Aku masih terpaku menatap Kurapika, membuat Kurapika jadi tidak enak di dalam kamar tersebut. Dengan tenang Kurapika menghentikan senyumannya. Lalu melirik ke arah Gon. Syukurlah Gon tidak tau.
Dan dengan cepat Kurapika berjalan menuju pintu.

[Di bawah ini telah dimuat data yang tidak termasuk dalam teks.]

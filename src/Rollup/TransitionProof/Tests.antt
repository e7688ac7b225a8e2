-- ===== src/Rollup/TransitionProof/Tests.antt =====
-- A small proof, its binary form and its hash.
use quids_evm_cpp.Base.{◌≡◌, refl, true, some, [], ◌∷◌, ◌++◌, Bytes, replicate, arith}
use quids_evm_cpp.Rollup.TransitionProof.{
  ProofData, add_vector, verify, serialize, read_vector, deserialize,
}
use quids_evm_cpp.Rollup.TransitionProof.Decoding.{HasRoots, HasSizes, deserialize-serialize}
use quids_evm_cpp.Rollup.TransitionProof.Inversion.{deserialize-inverts}

abbrev small : ProofData
small = record {
  pre_state_root = replicate 32 1;
  post_state_root = replicate 32 2;
  transactions_root = replicate 32 3;
  zk_proof = 4 ∷ [];
  quantum_signature = 5 ∷ 6 ∷ [];
}

abbrev small_bytes : Bytes
small_bytes =
    replicate 32 1
    ++ (replicate 32 2 ++ (replicate 32 3 ++ (1 ∷ 0 ∷ 0 ∷ 0 ∷ 4 ∷ 2 ∷ 0 ∷ 0 ∷ 0 ∷ 5 ∷ 6 ∷ [])))

small_written : serialize small ≡ small_bytes
unfolding serialize add_vector
small_written = refl

small_read : deserialize small_bytes ≡ some small
unfolding deserialize read_vector
small_read = refl

deserialize-serialize_example : deserialize (serialize small) ≡ some small
deserialize-serialize_example =
    deserialize-serialize small (refl, refl, refl) (omega arith, omega arith)

deserialize-inverts_example :
    HasRoots small × HasSizes small × ((rest : Bytes) × (small_bytes ≡ serialize small ++ rest))
deserialize-inverts_example =
    deserialize-inverts small_bytes small (ground arith) (omega arith) small_read

verified : verify small ≡ true
unfolding verify
verified = refl
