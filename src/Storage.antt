-- ===== src/Storage.antt =====
-- src/storage/PersistentStorage.cpp: transactions, proofs and block data in one RocksDB database.
-- The database is a library and a parameter, the record `Database`; opening it and its options are
-- left out. A numeral of std::to_string is in Storage/Decimal.antt.
pub mod Decimal
pub mod Records
mod Tests
use quids_evm_cpp.Base.{
  ℕ, ◌<◌, ◌≡◌, Bool, true, false, Option, none, some, [], ◌∷◌, ◌++◌, Bytes, Outcome, returned,
  list_eq, nat_eq, list_beq, if◌then◌else◌,
}
use quids_evm_cpp.Blockchain.Transaction as Tx
use quids_evm_cpp.Blockchain.Transaction.{Transaction}
use quids_evm_cpp.Rollup.TransitionProof as Proof
use quids_evm_cpp.Rollup.TransitionProof.{ProofData}
use quids_evm_cpp.Storage.Decimal.{to_string}

-- What the storage uses of rocksdb::DB. `put` answers whether its status is ok; a get of a key that
-- was put gives the value put last, and a put leaves the other keys alone.
pub record Database (Db : Type 0) : Type 0 where
  pub put : Bytes → Bytes → Db → Bool × Db
  pub get : Bytes → Db → Option Bytes
  pub get_put :
      (j k v : Bytes) (db : Db)
      → (put k v db).0 ≡ true
      → get j (put k v db).1 ≡ (if list_beq k j then some v else get j db)

-- "tx", "proof" and "block"
abbrev pub tx_prefix : Bytes
tx_prefix = 116 ∷ 120 ∷ []

abbrev pub proof_prefix : Bytes
proof_prefix = 112 ∷ 114 ∷ 111 ∷ 111 ∷ 102 ∷ []

abbrev pub block_prefix : Bytes
block_prefix = 98 ∷ 108 ∷ 111 ∷ 99 ∷ 107 ∷ []

abbrev pub make_key : Bytes → Bytes → Bytes
make_key prefix id = prefix ++ (58 ∷ id)

module _ {Db : Type 0} (database : Database Db) where
  unfoldable pub store_transaction : (Bytes → Bytes) → Transaction → Db → Bool × Db
  store_transaction blake3 tx db =
      database.put (make_key tx_prefix (Tx.compute_hash blake3 tx)) (Tx.serialize tx) db

  -- `now` and `hash` are what a new Transaction holds.
  unfoldable pub load_transaction : ℕ → Bytes → Bytes → Db → Outcome ⊥ (Option Transaction)
  load_transaction now hash tx_hash db = elim (database.get (make_key tx_prefix tx_hash) db) [
    | none ↦ returned none
    | some tx_data ↦ Tx.deserialize now hash tx_data
  ]

  unfoldable pub store_proof : ℕ → ProofData → Db → Bool × Db
  store_proof block_number proof db =
      database.put (make_key proof_prefix (to_string block_number)) (Proof.serialize proof) db

  unfoldable pub load_proof : ℕ → Db → Option ProofData
  load_proof block_number db =
      elim (database.get (make_key proof_prefix (to_string block_number)) db) [
        | none ↦ none
        | some proof_data ↦ Proof.deserialize proof_data
      ]

  unfoldable pub store_block_data : ℕ → Bytes → Db → Bool × Db
  store_block_data block_number bytes db =
      database.put (make_key block_prefix (to_string block_number)) bytes db

  unfoldable pub load_block_data : ℕ → Db → Option Bytes
  load_block_data block_number db = database.get (make_key block_prefix (to_string block_number)) db
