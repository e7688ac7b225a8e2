-- ===== src/Storage/Records.antt =====
-- What is loaded after a store.
use quids_evm_cpp.Base.{
  ℕ, ◌<◌, ◌≡◌, refl, sym, ap, ◌∙◌, true, false, Bool-cases, inl, inr, Option, none, some, [], ◌∷◌,
  Bytes, u64_mod, returned, list_eq, nat_eq, list_beq, list_beq_iff, ◌==◌, if◌then◌else◌, arith,
}
use quids_evm_cpp.Blockchain.Transaction as Tx
use quids_evm_cpp.Blockchain.Transaction.{Transaction}
use quids_evm_cpp.Rollup.TransitionProof as Proof
use quids_evm_cpp.Rollup.TransitionProof.{ProofData}
use quids_evm_cpp.Rollup.TransitionProof.Decoding.{HasRoots, HasSizes, deserialize-serialize}
use quids_evm_cpp.Storage.Decimal.{to_string, to_string-injective}
use quids_evm_cpp.Storage.{
  Database, tx_prefix, proof_prefix, block_prefix, make_key, store_transaction, load_transaction,
  store_proof, load_proof, store_block_data, load_block_data,
}

-- Two keys under one prefix
make_key-same :
    (prefix x y : Bytes) → list_beq (make_key prefix x) (make_key prefix y) ≡ list_beq x y
make_key-same [] x y = refl
make_key-same (c ∷ prefix) x y = ground (arith, make_key-same prefix x y)

-- The keys of two numbers
make_key-to_string :
    (prefix : Bytes) (a b : ℕ)
    → a < u64_mod
    → b < u64_mod
    → list_beq (make_key prefix (to_string a)) (make_key prefix (to_string b)) ≡ (a == b)
make_key-to_string prefix a b ha hb =
    make_key-same prefix (to_string a) (to_string b) ∙ (elim (Bool-cases (a == b)) [
      | inl same ↦
          let e : a ≡ b = ground (arith, same) in
          (list_beq_iff (to_string a) (to_string b)).1 (ap to_string e) ∙ sym same
      | inr other ↦ elim (Bool-cases (list_beq (to_string a) (to_string b))) [
        | inl clash ↦
            let e : a ≡ b =
              to_string-injective a b ha hb ((list_beq_iff (to_string a) (to_string b)).0 clash) in
            absurd (ground (arith, e, other))
        | inr differ ↦ differ ∙ sym other
      ]
    ])

module _ {Db : Type 0} (database : Database Db) where
  -- A get of one key after a put of another
  got_other :
      (j k v : Bytes) (db : Db)
      → (database.put k v db).0 ≡ true
      → list_beq k j ≡ false
      → database.get j (database.put k v db).1 ≡ database.get j db
  got_other j k v db ok other =
      database.get_put j k v db ok ∙ ap (λ b. if b then some v else database.get j db) other

  -- A proof whose roots have 32 bytes each and whose vectors are shorter than 2 ^ 32 bytes, once
  -- stored, is what is loaded for its block; the proofs of other blocks, the data of all blocks and
  -- the transactions are loaded as before.
  pub load_proof-store_proof :
      (a b now : ℕ) (hash tx_hash : Bytes) (p : ProofData) (db : Db)
      → a < u64_mod
      → b < u64_mod
      → HasRoots p
      → HasSizes p
      → (store_proof database a p db).0 ≡ true
      → let db' = (store_proof database a p db).1 in
        (load_proof database b db' ≡ (if a == b then some p else load_proof database b db))
        × (load_block_data database b db' ≡ load_block_data database b db)
        × (load_transaction database now hash tx_hash db'
            ≡ load_transaction database now hash tx_hash db)
  unfolding store_proof load_proof load_block_data load_transaction
  load_proof-store_proof a b now hash tx_hash p db ha hb hr hs ok =
      let key : Bytes = make_key proof_prefix (to_string a) in
      let bytes : Bytes = Proof.serialize p in
      let load : Option Bytes → Option ProofData =
        λ got. elim got [ none ↦ none | some proof_data ↦ Proof.deserialize proof_data ] in
      let before : Option Bytes = database.get (make_key proof_prefix (to_string b)) db in
      (
        ap load (
              database.get_put (make_key proof_prefix (to_string b)) key bytes db ok
              ∙ ap (λ t. if t then some bytes else before)
                  (make_key-to_string proof_prefix a b ha hb))
            ∙ (elim (a == b)
                as (λ t.
                  load (if t then some bytes else before) ≡ (if t then some p else load before)) [
                    | true ↦ deserialize-serialize p hr hs
                    | false ↦ refl
                  ]),
        got_other (make_key block_prefix (to_string b)) key bytes db ok refl,
        ap
            (λ got. elim got [
              | none ↦ returned none
              | some tx_data ↦ Tx.deserialize now hash tx_data
            ])
            (got_other (make_key tx_prefix tx_hash) key bytes db ok refl),
      )

  -- Data stored for a block are what is loaded for it; the data of other blocks, the proofs of all
  -- blocks and the transactions are loaded as before.
  pub load_block_data-store_block_data :
      (a b now : ℕ) (hash tx_hash bytes : Bytes) (db : Db)
      → a < u64_mod
      → b < u64_mod
      → (store_block_data database a bytes db).0 ≡ true
      → let db' = (store_block_data database a bytes db).1 in
        (load_block_data database b db'
          ≡ (if a == b then some bytes else load_block_data database b db))
        × (load_proof database b db' ≡ load_proof database b db)
        × (load_transaction database now hash tx_hash db'
            ≡ load_transaction database now hash tx_hash db)
  unfolding store_block_data load_proof load_block_data load_transaction
  load_block_data-store_block_data a b now hash tx_hash bytes db ha hb ok =
      let key : Bytes = make_key block_prefix (to_string a) in
      (
        database.get_put (make_key block_prefix (to_string b)) key bytes db ok
            ∙ ap
                (λ t.
                  if t then some bytes else database.get (make_key block_prefix (to_string b)) db)
                (make_key-to_string block_prefix a b ha hb),
        ap (λ got. elim got [ none ↦ none | some proof_data ↦ Proof.deserialize proof_data ])
            (got_other (make_key proof_prefix (to_string b)) key bytes db ok refl),
        ap
            (λ got. elim got [
              | none ↦ returned none
              | some tx_data ↦ Tx.deserialize now hash tx_data
            ])
            (got_other (make_key tx_prefix tx_hash) key bytes db ok refl),
      )

  -- A transaction that was stored is not loaded again: for its hash there is nothing to load
  -- afterwards, whatever there was before.
  pub stored_transaction_lost :
      (now : ℕ) (hash : Bytes) (blake3 : Bytes → Bytes) (tx : Transaction) (db : Db)
      → (store_transaction database blake3 tx db).0 ≡ true
      → load_transaction database now hash
          (Tx.compute_hash blake3 tx)
          (store_transaction database blake3 tx db).1
        ≡ returned none
  unfolding store_transaction load_transaction Tx.serialize Tx.deserialize
  stored_transaction_lost now hash blake3 tx db ok =
      let key : Bytes = make_key tx_prefix (Tx.compute_hash blake3 tx) in
      let same : list_beq key key ≡ true = (list_beq_iff key key).1 refl in
      ap (λ got. elim got [ none ↦ returned none | some tx_data ↦ Tx.deserialize now hash tx_data ])
        (database.get_put key key [] db ok
          ∙ ap (λ t. if t then some [] else database.get key db) same)
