-- ===== src/Storage/Tests.antt =====
-- A database that is a map and takes every put.
use quids_evm_cpp.Base.{
  ◌≡◌, refl, true, some, [], ◌∷◌, Bytes, list_eq, nat_eq, ◌==◌, if◌then◌else◌, replicate, arith,
}
use quids_evm_cpp.Base.Dict.{Dict, find, insert, find-insert}
use quids_evm_cpp.Rollup.TransitionProof.{ProofData}
use quids_evm_cpp.Storage.Decimal.{digits, to_string}
use quids_evm_cpp.Storage.{Database, load_transaction, store_proof, load_proof, load_block_data}
use quids_evm_cpp.Storage.Records.{load_proof-store_proof}

abbrev database : Database (Dict Bytes Bytes)
database = record {
  put = λ k v db. (true, insert k v db);
  get = find;
  get_put = λ j k v db ok. find-insert j k v db;
}

abbrev proof : ProofData
proof = record {
  pre_state_root = replicate 32 1;
  post_state_root = replicate 32 2;
  transactions_root = replicate 32 3;
  zk_proof = 4 ∷ 5 ∷ [];
  quantum_signature = [];
}

numeral : to_string 305 ≡ 51 ∷ 48 ∷ 53 ∷ []
unfolding to_string digits
numeral = refl

load_proof-store_proof_example :
    let db' = (store_proof database 305 proof []).1 in
    (load_proof database 305 db' ≡ (if 305 == 305 then some proof else load_proof database 305 []))
    × (load_block_data database 305 db' ≡ load_block_data database 305 [])
    × (load_transaction database 0 [] (7 ∷ []) db' ≡ load_transaction database 0 [] (7 ∷ []) [])
unfolding store_proof
load_proof-store_proof_example =
    load_proof-store_proof database 305 305 0 [] (7 ∷ []) proof [] (omega arith) (omega arith)
      (refl, refl, refl) (omega arith, omega arith) refl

Berhenti sebentar lalu menoleh ke dalam kamar. Dengan manja dia tersenyum, membuat wajahku jadi panas. Kemudian berkata "Selamat malam, ya!"
Aku tau senyuman itu bukan untukku. Karena saat itu, memang yang terakhir dilihatnya adalah aku, namun saat dia mengucapkan selamat malam yang dilihatnya adalah Gon.